*** MATERIAL FOR THIS TASK

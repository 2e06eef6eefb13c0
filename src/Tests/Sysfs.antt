-- ===== src/Tests/Sysfs.antt =====
-- The topology of a machine with four CPUs that share a cache, read from its files.
use mpipin.Base.{
  ℕ, zero, suc, ◌≤◌, ◌<◌, ◌≡◌, refl, sym, ◌∙◌, subst, not, arith, Bool, true, false, ◌||◌, ◌==◌,
  if◌then◌else◌, List, [], ◌∷◌, length, map, Option, none, some,
}
use mpipin.Base.Int.{ℤ, pos}
use mpipin.Base.Errno.{Result, ok, err, einval}
use mpipin.Ascii.{Text, codes, take}
use mpipin.CpuSet.{CpuSet}
use mpipin.Topology.{CpuTopology, CacheTopology}
use mpipin.Word.{bit_not, shl, shr}
use mpipin.Bitops.{set_bit}
use mpipin.CpuSet.{cpu_isset}
use mpipin.Bitmap.{bits_to_longs}
use mpipin.Bitmap.Logic.{write_words}
use mpipin.Bitmap.Fold.{bitmap_zero}
use mpipin.Ascii.{decimal_onto, decimal, scan_digits, to_long, scan_unsigned, scan_long}
use mpipin.Bitmap.Shift.{shifted_word, shift_words, bitmap_shift_left}
use mpipin.Bitmap.Parse.{
  skip_high, fls, hex_to_bin, chunk_full, add_hex_digit, end_chunk, parse_chars, bitmap_parse,
}
use mpipin.Bitmap.Ranges.{
  add_digit, set_range, end_range, parse_ranges, parselist, bitmap_parselist,
}
use mpipin.Sysfs.{
  Host, Store, free, terminate, chomp, malloc, with_block, read_opened, read_file, file_readable,
  read_page, read_long, clear_map, read_bitmap, read_bitmap_parselist, read_string,
}
use mpipin.Sysfs.Collect.{
  read_field, run_steps, or_einval, cpu_path, cache_path, node_dname, cpumap_path, free_text,
  cache_steps, collect_cache, collect_cache_topology, collect_caches, find_node, cpu_steps, add_cpu,
  collect_cpu, collect_cpu_topology, collect_node_topology, collect_cpus, collect_nodes,
  collect_objects, collect_topology,
}
use mpipin.Sysfs.Accounts.{IsHost}
use mpipin.Sysfs.Described.Loops.{online_cpus, Collected, collect_topology-Collected}
use mpipin.Sysfs.Described.Partition.{AllOnline, collect_topology-IsPartition}
use mpipin.Bits.{word_bit-ones}
use mpipin.Pin.{PartExec}
use mpipin.Pin.Partition.{partition}
use mpipin.Pin.Partition.Disjoint.{IsPartition}
use mpipin.Tests.Machine.{low_set, low_set-IsCpuSet, get_bit-low_set, all_cpus, shared}
use mpipin.Tests.Pinning.{four_cpus}

abbrev same_text : Text → Text → Bool
same_text [] [] = true
same_text [] (d ∷ t) = false
same_text (c ∷ s) [] = false
same_text (c ∷ s) (d ∷ t) = let rest = same_text s t in if c == d then rest else false

abbrev ends_with : (suffix s : Text) → Bool
ends_with suffix [] = same_text suffix []
ends_with suffix (c ∷ s) = same_text suffix (c ∷ s) || ends_with suffix s

abbrev files : List (Text × Text)
files =
    (codes "/online", codes "0-3\n")
    ∷ (codes "/core_id", codes "7\n")
    ∷ (codes "/core_siblings", codes "f\n")
    ∷ (codes "/physical_package_id", codes "0\n")
    ∷ (codes "/thread_siblings", codes "00000000,0000000f\n")
    ∷ (codes "/index0/level", codes "1\n")
    ∷ (codes "/index0/type", codes "Data\n")
    ∷ (codes "/index0/size", codes "32K\n")
    ∷ (codes "/index0/coherency_line_size", codes "64\n")
    ∷ (codes "/index0/number_of_sets", codes "64\n")
    ∷ (codes "/index0/ways_of_associativity", codes "8\n")
    ∷ (codes "/index0/shared_cpu_map", codes "f\n")
    ∷ (codes "/cpumap", codes "f\n")
    ∷ []

abbrev find_file : List (Text × Text) → Text → Option Text
find_file [] path = none
find_file ((suffix, text) ∷ rest) path =
    let further = find_file rest path in if ends_with suffix path then some text else further

abbrev pub host : Host
host = record {
  memory = λ n. true;
  open_file = λ path. elim (find_file files path) [ none ↦ none | some text ↦ some 3 ];
  read_bytes =
      λ path size. elim (find_file files path) [ none ↦ none | some text ↦ some (take size text) ];
  stat = λ path. ends_with (codes "/node0") path;
  nprocs = 4;
  has_numa = true;
  nodes = 1;
  is_aarch64 = true;
}

abbrev pub start_store : Store
start_store = record {
  calls = 0;
  blocks = 0;
  descriptors = 3;
  past_end = false;
  cpu_topology_list = [];
  node_topology_list = [];
}

run : Host → Result (Unit {0}) × Store
unfolding free terminate chomp malloc with_block read_opened read_file file_readable read_page
    read_long read_bitmap clear_map read_bitmap_parselist read_string read_field run_steps or_einval
    cpu_path cache_path node_dname cpumap_path free_text cache_steps collect_cache
    collect_cache_topology collect_caches find_node cpu_steps add_cpu collect_cpu
    collect_cpu_topology collect_node_topology collect_cpus collect_nodes collect_objects skip_high
    fls hex_to_bin shifted_word shift_words bitmap_shift_left chunk_full add_hex_digit end_chunk
    parse_chars bitmap_parse add_digit set_range end_range parse_ranges parselist bitmap_parselist
    decimal_onto decimal scan_digits to_long scan_unsigned scan_long bit_not shl shr set_bit
    bits_to_longs write_words bitmap_zero cpu_isset collect_topology
run host = collect_topology host (low_set 0) start_store

abbrev topology : Result (Unit {0}) × Store
topology = collect_topology host (low_set 0) start_store

-- 4 CPUs of 4 blocks each and a node.
pub collected : topology.0 ≡ ok tt
unfolding run
collected = refl

blocks_taken : topology.1.blocks ≡ 17
unfolding run
blocks_taken = refl

-- The cache of CPU 0 as its files describe it.
abbrev cache_of : List CpuTopology → List CacheTopology
cache_of [] = []
cache_of (top ∷ tops) = top.cache_topology_list

abbrev view : CacheTopology → ℤ × Option Text × CpuSet
view c = (c.size, c.type, c.shared_cpu_map)

cache_read :
    map view (cache_of topology.1.cpu_topology_list)
    ≡ (pos 32768, some (codes "Data"), low_set 15) ∷ []
unfolding run
cache_read = refl

-- If the tenth allocation fails there is no topology, and no block is kept.
abbrev starved : Host
starved = record host { memory = λ n. not (n == 9) }

no_memory :
    ((collect_topology starved (low_set 0) start_store).0 ≡ err einval)
    × ((collect_topology starved (low_set 0) start_store).1.blocks ≡ 0)
unfolding run
no_memory = (refl, refl)

length-take : (n : ℕ) (s : Text) → length (take n s) ≤ n
length-take zero s = omega arith
length-take (suc n) [] = omega arith
length-take (suc n) (c ∷ s) = omega (arith, length-take n s)

pub host-IsHost : IsHost host
host-IsHost = record {
  stdin_open = λ path fd e. opened (find_file files path) fd e;
  read_fits = λ path size bytes e. fits (find_file files path) size bytes e;
  few_cpus = omega arith;
}
  where
    opened :
        (o : Option Text) (fd : ℕ)
        → (elim o [ none ↦ none | some text ↦ some 3 ]) ≡ some fd
        → 0 < fd
    opened none fd e = absurd (ground (arith, e))
    opened (some text) fd e = let same : 3 ≡ fd = ground (arith, e) in omega arith

    fits :
        (o : Option Text) (size : ℕ) (bytes : List ℕ)
        → (elim o [ none ↦ none | some text ↦ some (take size text) ]) ≡ some bytes
        → length bytes ≤ size
    fits none size bytes e = absurd (ground (arith, e))
    fits (some text) size bytes e =
        let same : take size text ≡ bytes = ground (arith, e) in
        subst (λ (b : List ℕ). length b ≤ size) same (length-take size text)

online_read : (online_cpus host (low_set 0) start_store).0 ≡ ok (low_set 15)
unfolding run
online_read = refl

pub online_all : AllOnline host (low_set 0) start_store all_cpus
unfolding cpu_isset shl
online_all online read cpu member =
    let below : cpu < 4 = ground (arith, get_bit-low_set 15 cpu, word_bit-ones 4 cpu) in
    let same : low_set 15 ≡ online = ground (arith, sym online_read ∙ read) in
    (below, subst (λ s. cpu_isset cpu s ≡ true) same (go cpu below))
  where
    go : (cpu : ℕ) → cpu < 4 → cpu_isset cpu (low_set 15) ≡ true
    go zero h = refl
    go (suc zero) h = refl
    go (suc (suc zero)) h = refl
    go (suc (suc (suc zero))) h = refl
    go (suc (suc (suc (suc n)))) h = absurd (omega arith)

collect_topology-Collected_example :
    Collected
      (online_cpus host (low_set 0) start_store).0
      4
      start_store
      (collect_topology host (low_set 0) start_store)
collect_topology-Collected_example =
    collect_topology-Collected host host-IsHost (omega arith) (low_set 0) start_store
      (low_set-IsCpuSet 0 (omega arith))

collect_topology-IsPartition_example :
    (pe' : PartExec) × (partition 4
        (collect_topology host (low_set 0) start_store).1.cpu_topology_list
        shared
      ≡ (pe', none))
    × IsPartition 0 2 shared pe'
collect_topology-IsPartition_example =
    collect_topology-IsPartition host host-IsHost (low_set 0) start_store 2 shared (omega arith)
      (omega arith) (low_set-IsCpuSet 0 (omega arith)) refl collected
      (low_set-IsCpuSet 15 (omega arith)) online_all refl (omega (arith, four_cpus))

******

TASK DESCRIPTION – From the records above, copy each line in which the string "decimal" occurs.

RESPONSE AREA –
use mpipin.Ascii.{decimal_onto, decimal, scan_digits, to_long, scan_unsigned, scan_long}
    decimal_onto decimal scan_digits to_long scan_unsigned scan_long bit_not shl shr set_bit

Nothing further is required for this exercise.